Cyntech and Keller contribute to the Western Alberta Transmission Line 

The Western Alberta Transmission Line (WATL) was one of the highest impact projects in the Canadian market in the last number of years, and Cyntech Canada was among the companies proud to be part of this monumental effort. 

As outlined by the Alberta Electric System Operator, there was a stark need for increased electrical supply in the province. As stated by the Operator in a project overview, “Increased demand for electricity in southern and central Alberta is stressing the existing 240 kV system and transmission reinforcement between the Edmonton and Calgary area is required,” and that a pair of high voltage direct current lines were going to be required to maximize efficiency and accommodate long-term growth.

Though the planning and approval process began in 2010, it took until the winter of 2013 for the project to commence. On board for the project were AltaLink and SNC-Lavalin. SNC then brought Cyntech on board for the project’s south and central portions’ foundation work. As Brandon Hindbo, operations manager at Cyntech Canada, says, the two companies had worked together previously on global oil and gas projects, but this would be the first time the two sides collaborated through the former’s Transmission and Distribution division.

Changing scope
Cyntech’s work on the WATL began on Sept.1, 2013. Originally, as Hindbo says, the company was to design, manufacture and install helical pile foundations for the project’s South Lot; however, even before the project started, the involvement on Cyntech’s end grew to the point where they added a company to their work.

“Before site work commenced, the scope was increased to include the supply and installation of driven piles where appropriate. To execute the driven pile work, Cyntech teamed up with Keller Foundations,” said Hindbo. “Later, we added a third option – a composite, cast-in-place pipe pile design; for these, Cyntech fabricated the central shafts – large-diameter steel pipe sections – and Keller completed the field installations, including the drilling, the placement of concrete and the setting of the prefabricated central shaft.

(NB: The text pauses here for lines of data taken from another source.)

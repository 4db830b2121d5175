-- ===== src/Login/Accepted.antt =====
-- cmd/keymasterd/app.go: what a login has gone through, and the session that it sets.
use keymaster.Prelude.{String, true, List, ◌≡◌}
use keymaster.Result.{ok}
use keymaster.Http.{Request}
use keymaster.State.{Env, RuntimeState}
use keymaster.Handler.Keeps.{Keeps}
use keymaster.Checks.{passed}
use keymaster.CheckAuth.{check_user_password, reprocess_username}
use keymaster.Login.Credentials.{Login, login_credentials, user_has_u2f_tokens}

module _ (env : Env) (r : Request) where
  -- The password that a login stands on: the request's user, as the daemon spells it, whose password
  -- the configured checker accepted.
  pub record Accepted (state : RuntimeState) (form : List (String × List String)) (login : Login)
      : Type 0 where
    pub username : String
    pub password : String
    pub given : login_credentials r form ≡ passed (username, password)
    pub spelled : login.username ≡ reprocess_username env state username
    pub accepted : check_user_password env state login.username password ≡ ok true
    pub devices : user_has_u2f_tokens env state login.username ≡ ok login.has_u2f_tokens
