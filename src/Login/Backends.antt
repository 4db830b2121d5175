-- ===== src/Login/Backends.antt =====
-- What a login offers as backends of certificates, against what the certificate handler takes.
use keymaster.Prelude.{
  ℕ, String, Bool, true, List, [], ◌∷◌, Memᴰ, ◌≡◌, refl, ◌∙◌, sym, ap, subst, ◌⊎◌, inl, inr, arith,
  any, eq_iff, Bool-cases,
}
use keymaster.AuthType.{
  proto_password, proto_u2f, proto_symantec_vip, proto_totp, proto_okta_2fa, has,
}
use keymaster.State.{RuntimeState}
use keymaster.CheckAuth.{flag_of}
use keymaster.CertHandler.{admits, is_sufficient}
use keymaster.Login.{offers, offered, cert_backends}

Memᴰ-any :
    (p : String → Bool) (x : String) (xs : List String) → Memᴰ x xs → p x ≡ true → any p xs ≡ true
Memᴰ-any p x [] m e = elim m [ ]
Memᴰ-any p x (y ∷ ys) (Memᴰ.head same) e =
    let here : p y ≡ true = ap p (sym same) ∙ e in ground arith
Memᴰ-any p x (y ∷ ys) (Memᴰ.tail m) e = ground (arith, Memᴰ-any p x ys m e)

module _ (state : RuntimeState) (has_tokens : Bool) where
  head_or_tail : (a b : String) (rest : List String) → Memᴰ a (b ∷ rest) → (a ≡ b) ⊎ Memᴰ a rest
  head_or_tail a b rest (Memᴰ.head same) = inl same
  head_or_tail a b rest (Memᴰ.tail m) = inr m

  offered-Memᴰ :
      (name : String) (prefs : List String)
      → Memᴰ name (offered state has_tokens prefs)
      → Memᴰ name prefs × (offers state has_tokens name ≡ true)
  unfolding offered
  offered-Memᴰ name [] m = elim m [ ]
  offered-Memᴰ name (pref ∷ prefs) m = elim (Bool-cases (offers state has_tokens pref)) [
    | inl offer ↦
        elim (head_or_tail name pref (offered state has_tokens prefs) (rw (offer, offered) at m)) [
          | inl same ↦ (Memᴰ.head same, ap (offers state has_tokens) same ∙ offer)
          | inr later ↦ let (there, e) = offered-Memᴰ name prefs later in (Memᴰ.tail there, e)
        ]
    | inr none_given ↦
        let (there, e) = offered-Memᴰ name prefs (rw (none_given, offered) at m) in
        (Memᴰ.tail there, e)
  ]

  offers_cases :
      (name : String)
      → offers state has_tokens name ≡ true
      → (name ≡ proto_password)
        ⊎ ((name ≡ proto_u2f)
            ⊎ ((name ≡ proto_symantec_vip) ⊎ ((name ≡ proto_totp) ⊎ (name ≡ proto_okta_2fa))))
  unfolding offers
  offers_cases name offer = ground (
    arith,
    eq_iff name proto_password,
    eq_iff name proto_u2f,
    eq_iff name proto_symantec_vip,
    eq_iff name proto_totp,
    eq_iff name proto_okta_2fa,
  )

  module _ (level : ℕ) where
    -- A session with the flag of a preference's name is admitted by that preference.
    abbrev FlagAdmits : String → Type 0
    FlagAdmits name = has level (flag_of name) ≡ true → admits level name ≡ true

    password_admits : FlagAdmits proto_password
    unfolding admits flag_of
    password_admits h = refl

    u2f_admits : FlagAdmits proto_u2f
    unfolding admits flag_of
    u2f_admits h = ground arith

    vip_admits : FlagAdmits proto_symantec_vip
    unfolding admits flag_of
    vip_admits h = ground arith

    totp_admits : FlagAdmits proto_totp
    unfolding admits flag_of
    totp_admits h = ground arith

    okta_admits : FlagAdmits proto_okta_2fa
    unfolding admits flag_of
    okta_admits h = ground arith

    offers-admits : (name : String) → offers state has_tokens name ≡ true → FlagAdmits name
    offers-admits name offer = elim (offers_cases name offer) [
      | inl e ↦ subst FlagAdmits (sym e) password_admits
      | inr e1 ↦ elim e1 [
        | inl e ↦ subst FlagAdmits (sym e) u2f_admits
        | inr e2 ↦ elim e2 [
          | inl e ↦ subst FlagAdmits (sym e) vip_admits
          | inr e3 ↦ elim e3 [
            | inl e ↦ subst FlagAdmits (sym e) totp_admits
            | inr e ↦ subst FlagAdmits (sym e) okta_admits
          ]
        ]
      ]
    ]

    offered-is_sufficient :
        (name : String)
        → Memᴰ name (offered state has_tokens state.config.base.allowed_auth_backends_for_certs)
        → has level (flag_of name) ≡ true
        → is_sufficient state level ≡ true
    unfolding is_sufficient
    offered-is_sufficient name m flagged =
        let (there, offer) =
          offered-Memᴰ name state.config.base.allowed_auth_backends_for_certs m in
        let found =
          Memᴰ-any (admits level) name state.config.base.allowed_auth_backends_for_certs there
            (offers-admits name offer flagged) in
        rw found refl

    fallback-is_sufficient :
        (name : String)
        → Memᴰ name (proto_u2f ∷ [])
        → has level (flag_of name) ≡ true
        → is_sufficient state level ≡ true
    unfolding is_sufficient flag_of
    fallback-is_sufficient name m flagged = elim (head_or_tail name proto_u2f [] m) [
      | inl same ↦
          let token : has level (flag_of proto_u2f) ≡ true =
            subst (λ n. has level (flag_of n) ≡ true) same flagged in
          ground arith
      | inr later ↦ elim later [ ]
    ]

    -- Whatever backend a login names to a client, a session with that backend's flag is sufficient
    -- for a certificate.
    pub cert_backends-is_sufficient :
        (name : String)
        → Memᴰ name (cert_backends state has_tokens)
        → has level (flag_of name) ≡ true
        → is_sufficient state level ≡ true
    unfolding cert_backends
    cert_backends-is_sufficient name =
        go (offered state has_tokens state.config.base.allowed_auth_backends_for_certs) refl
      where
        go :
            (l : List String)
            → offered state has_tokens state.config.base.allowed_auth_backends_for_certs ≡ l
            → Memᴰ name (elim l [ [] ↦ proto_u2f ∷ [] | first ∷ rest ↦ first ∷ rest ])
            → has level (flag_of name) ≡ true
            → is_sufficient state level ≡ true
        go [] e m flagged = fallback-is_sufficient name m flagged
        go (first ∷ rest) e m flagged =
            offered-is_sufficient name (subst (λ l. Memᴰ name l) (sym e) m) flagged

The pile cut-off and capping works for all piling types were completed by Cyntech.”

In the end, Cyntech and Keller had clearly put in a massive effort.

“The final count of completed structures in our scope was 115, founded on 1,209 helical, 272 driven steel pipe and 84 cast-in-place pipe piles,” said Hindbo.

Once the project got moving, Cyntech encountered some difficulties. According to Hindbo, soil conditions had a high degree of variability. This included highly weathered bedrock showing up at different depths, and even the occasional “bottomless” swamp.

“Also, due to the late route realignment, the geotechnical information on which we initially designed piles and planned our work was based on boreholes discovered to be kilometers away from the actual structure locations,” said Hindbo. “This meant a subcontract with Golder to perform geotechnical investigations, and because of the tight schedule, we were often installing foundations at structures only days after the boreholes were drilled. We had a handful of different pre-engineered piling solutions to work with the various sub- surface conditions – this was the only way we could keep the crews moving so closely on the heels of Golder.”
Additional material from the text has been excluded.